The National Institute of Neurological Disorders and Stroke (NINDS) has sponsored a Curing the Epilepsies conference every seven years in 2000, 2007, and 2013. A major outcome of these conferences has been the Epilepsy Research Benchmarks, which reflect priorities for research across the epilepsy community. The conference planned for April 2020 was impossible to hold in person due to the coronavirus pandemic. Therefore, the American Epilepsy Society Epilepsy Research Benchmarks Committee revised the benchmarks with community input via a crowdsourcing discussion platform.
The completion of benchmark updates provided an opportunity for the Cuing the Epilepsies conference, held virtually on January 4-6, 2021, to discuss Transformational Research Priorities for the Epilepsies. The conference briefly summarized historical efforts that led to creating benchmarks for collective action to cure the epilepsies before shifting focus to future efforts. The goal was to accelerate new treatment developments, increase data sharing and collaboration, and highlight gaps and opportunities in epilepsy research to inform the research community over the next 5-7 years.
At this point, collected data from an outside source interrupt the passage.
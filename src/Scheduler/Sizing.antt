-- ===== src/Scheduler/Sizing.antt =====
-- `freePoolCapacity` of pkg/scheduler/pool.go, and `shouldAddWorker` and `addWorkerIfNeeded` of
-- pkg/scheduler/pool_sizing.go: when a pool gets one more worker.
pub mod Totals
use beta.Base.{
  ℕ, ◌+◌, String, Bool, true, false, ◌&&◌, ◌||◌, Option, none, some, List, [], ◌∷◌, Result, ok, err,
  ltb, non_empty, if◌then◌else◌,
}
use beta.Base.Int.{ℤ, pos, ltb_ℤ, ◌+ℤ◌}
use beta.Base.Machine.{i64, u64}
use beta.Types.{Worker, WorkerStatus, available, pending, disabled, other_status}

pub record WorkerPoolCapacity : Type 0 where
  pub free_cpu : ℤ  -- int64
  pub free_memory : ℤ  -- int64
  pub free_gpu : ℕ  -- uint
  pub pending_cpu : ℤ  -- int64
  pub pending_memory : ℤ  -- int64
  pub pending_gpu : ℕ  -- uint

pub record WorkerPoolSizingConfig : Type 0 where
  pub min_free_cpu : ℤ  -- int64
  pub min_free_memory : ℤ  -- int64
  pub min_free_gpu : ℕ  -- uint
  pub default_worker_cpu : ℤ  -- int64
  pub default_worker_memory : ℤ  -- int64
  pub default_worker_gpu_type : String
  pub default_worker_gpu_count : ℕ  -- uint32

-- Whether the GPUs of a worker are counted.
abbrev pub has_usable_gpu : Worker → Bool
has_usable_gpu w = non_empty w.gpu && ltb_ℤ (pos 0) w.free_cpu && ltb_ℤ (pos 0) w.free_memory

abbrev pub count_pending : Worker → WorkerPoolCapacity → WorkerPoolCapacity
count_pending w c = record c {
  pending_cpu = i64 (c.pending_cpu +ℤ w.free_cpu);
  pending_memory = i64 (c.pending_memory +ℤ w.free_memory);
  pending_gpu = if has_usable_gpu w then u64 (c.pending_gpu + w.total_gpu_count) else c.pending_gpu;
}

abbrev pub count_free : Worker → WorkerPoolCapacity → WorkerPoolCapacity
count_free w c = record c {
  free_cpu = i64 (c.free_cpu +ℤ w.free_cpu);
  free_memory = i64 (c.free_memory +ℤ w.free_memory);
  free_gpu = if has_usable_gpu w then u64 (c.free_gpu + w.free_gpu_count) else c.free_gpu;
}

-- The `switch` on the status.
abbrev pub count_worker : WorkerStatus → Worker → WorkerPoolCapacity → WorkerPoolCapacity
count_worker disabled w c = c
count_worker pending w c = count_pending w c
count_worker available w c = count_free w c
count_worker (other_status s) w c = count_free w c

unfoldable pub count_workers : List Worker → WorkerPoolCapacity → WorkerPoolCapacity
count_workers [] c = c
count_workers (w ∷ ws) c = count_workers ws (count_worker w.status w c)

abbrev pub no_capacity : WorkerPoolCapacity
no_capacity = record {
  free_cpu = pos 0;
  free_memory = pos 0;
  free_gpu = 0;
  pending_cpu = pos 0;
  pending_memory = pos 0;
  pending_gpu = 0;
}

-- `workers` is what `GetAllWorkersInPool` answered.
unfoldable pub free_pool_capacity :
    Result (Unit {0}) (List Worker) → Result (Unit {0}) WorkerPoolCapacity
unfolding count_workers
free_pool_capacity (err e) = err e
free_pool_capacity (ok workers) = ok (count_workers workers no_capacity)

unfoldable pub should_add_worker : WorkerPoolCapacity → WorkerPoolSizingConfig → Bool
should_add_worker c config =
    ltb_ℤ (i64 (c.free_cpu +ℤ c.pending_cpu)) config.min_free_cpu
    || ltb_ℤ (i64 (c.free_memory +ℤ c.pending_memory)) config.min_free_memory
    || ltb 0 config.min_free_gpu && ltb (u64 (c.free_gpu + c.pending_gpu)) config.min_free_gpu

-- The arguments with which `AddWorker` is called, if it is.
unfoldable pub add_worker_if_needed :
    WorkerPoolCapacity → WorkerPoolSizingConfig → Option (ℤ × ℤ × ℕ)
unfolding should_add_worker
add_worker_if_needed c config =
    if should_add_worker c config
    then some
        (config.default_worker_cpu, config.default_worker_memory, config.default_worker_gpu_count)
    else none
There was much discussion on collaborative efforts to identify biomarkers and/or mechanisms of seizures that are common to all seizure types (i.e., markers that are present in all epilepsy types). Additionally, there was a strong desire to develop a platform where researchers can freely share all types of data including resources on animal models of epilepsy and negative results found in the lab that are not typically published. The hope is that this type of resource will encourage studies that focus on repeating experiments across laboratories and sites, in an effort to strengthen results and show that they are reproducible. Additionally, the discussion emphasized the need for standardized and validated methods to measure impact of treatments on effects, such as behavior and quality of life, beyond decreasing seizure frequency that are important to people with epilepsy.
A major focus of the conference was the need for multi-dimensional “big data” platforms and analysis to accelerate discovery by making sense of huge amounts of data collected for clinical care, clinical trials, and natural history studies. Emphasis was placed on the collection of these data broadly without a specific question in mind when conducting the studies to accelerate our collective knowledge in the epilepsy space. For example, taking a deeper dive into genetic diagnosis strategies as current methodologies don’t assess regions of the DNA where most genetic variation occurs. More specifically, permitting studies that analyze the entire DNA sequence rather than only testing for known epilepsy variants will provide a more wholistic view of the genetic determinants of the variation we see across the epilepsies. Additionally, the need to establish common data elements was emphasized so that every study conducted has a minimum set of data collected in the same way to permit simplified analysis across many data sets.
TSC was highlighted as an example across multiple sessions including talks related to biomarkers, epileptogenesis, and epilepsy prevention. This would not be possible without the continuing involvement and contributions of people affected by epilepsy and TSC. We look forward to further partnership with other advocacy groups and continually improving our research initiatives to collaborate and cure the epilepsies.